Arlo sets it to the side and kneels in front of his tormentor. They’re eye to eye. At that moment, I realize how much Arlo has grown in the past few months. He reaches and jerks his uncle's boxers down without looking away from the demon’s eyes.
When Arlo reaches for the short sword, his uncle sobs.
“What did you tell me?” Arlo whispers. “Open wide, or I’ll make it hurt?”
Though my hands are full of hot, sweaty skin, chills race up my spine. The Arlo I knew, the scared and traumatized boy, has been replaced by a commanding and ferocious man.
“Please, I won’t contact you ever again.” His head shakes violently back and forth. “You’ll never see me again.”
“You had your chance to do that and didn’t take it. I didn’t care about the money. All I wanted was my freedom from you.” Arlo’s head does a slow back and forth. “You didn’t give it to me. I’m taking it.”
The menace in Arlo’s eyes and the calm precision of his wrist should terrify me. The blood that pours from his uncle’s body should revolt me. The severed dick he places in his uncle’s screaming mouth should make my own shrivel. The sounds of gagging and choking, the flail for oxygen, should make me puke.
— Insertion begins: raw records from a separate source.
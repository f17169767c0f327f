-- ===== src/Discovery/Device.antt =====
-- internal/hadiscovery/device.go: the records of the discovery message, and the topics.
use sparkwrangler.Base.Int.{ℤ}
use sparkwrangler.Base.{Bool, Option, List, Bytes, ◌++◌, codes, Dict}

pub record Device : Type 0 where
  pub identifiers : List Bytes
  -- pairs of a type and an identifier
  pub connections : List (Bytes × Bytes)
  pub name : Bytes
  pub manufacturer : Bytes
  pub model : Bytes
  pub model_id : Bytes
  pub sw_version : Bytes
  pub hw_version : Bytes
  pub serial_number : Bytes
  pub suggested_area : Bytes
  pub config_url : Bytes

pub record Origin : Type 0 where
  pub name : Bytes
  pub sw_version : Bytes
  pub support_url : Bytes

pub record Component : Type 0 where
  pub platform : Bytes
  pub name : Bytes
  pub has_entity_name : Option Bool
  pub unique_id : Bytes
  pub value_template : Bytes
  pub device_class : Bytes
  pub state_class : Bytes
  pub unit_of_measurement : Bytes
  pub icon : Bytes
  pub entity_category : Bytes
  pub display_precision : Option ℤ
  pub payload_on : Bytes
  pub payload_off : Bytes
  pub enabled_by_default : Option Bool

pub record Config : Type 0 where
  pub device : Device
  pub origin : Origin
  pub components : Dict Component
  pub state_topic : Bytes
  pub availability_topic : Bytes
  pub payload_available : Bytes
  pub payload_not_avail : Bytes
  pub qos : ℤ

unfoldable pub discovery_topic : Bytes → Bytes → Bytes
discovery_topic prefix node_id = prefix ++ (codes "/device/" ++ (node_id ++ codes "/config"))

unfoldable pub state_topic : Bytes → Bytes → Bytes
state_topic prefix node_id = prefix ++ (codes "/" ++ (node_id ++ codes "/state"))

unfoldable pub availability_topic : Bytes → Bytes → Bytes
availability_topic prefix node_id = prefix ++ (codes "/" ++ (node_id ++ codes "/availability"))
My gaze slides off the macabre and lifts. I focus on Arlo.
His shoulders are back. His chin is up. As his uncle fights harder against my hold and the chains, as he struggles for breath and loses the battle, the corners of Arlo’s mouth lift.
“I took your grubby pecker. I’m taking your miserable fucking life. You will be no more because you fucked with the wrong guy. You’re dying because you’re a blight to this world. No one will miss you.”
Arlo sets the sword beside him. His fingers twist a hunk of the man’s hair at the top of his head. He grabs his uncle’s chin with his other hand, uses all the strength he’s gained, and presses the two tight.
The wet gargling sounds stop. The thrashes crescendo.
“Die, motherfucker.”
Pride plumps my veins. Hope mends my heart.
Sure as shit, there will be demons to follow him. There will be an ugly fallout from this trauma we’re subjecting ourselves to. The nightmares won’t vanish because his uncle is no more.
But with his uncle dead, hope is a beacon. It shines bright in this gritty darkness. Winding and scary paths exist between us and the destination. And there’s no one else I’d willingly travel that road with.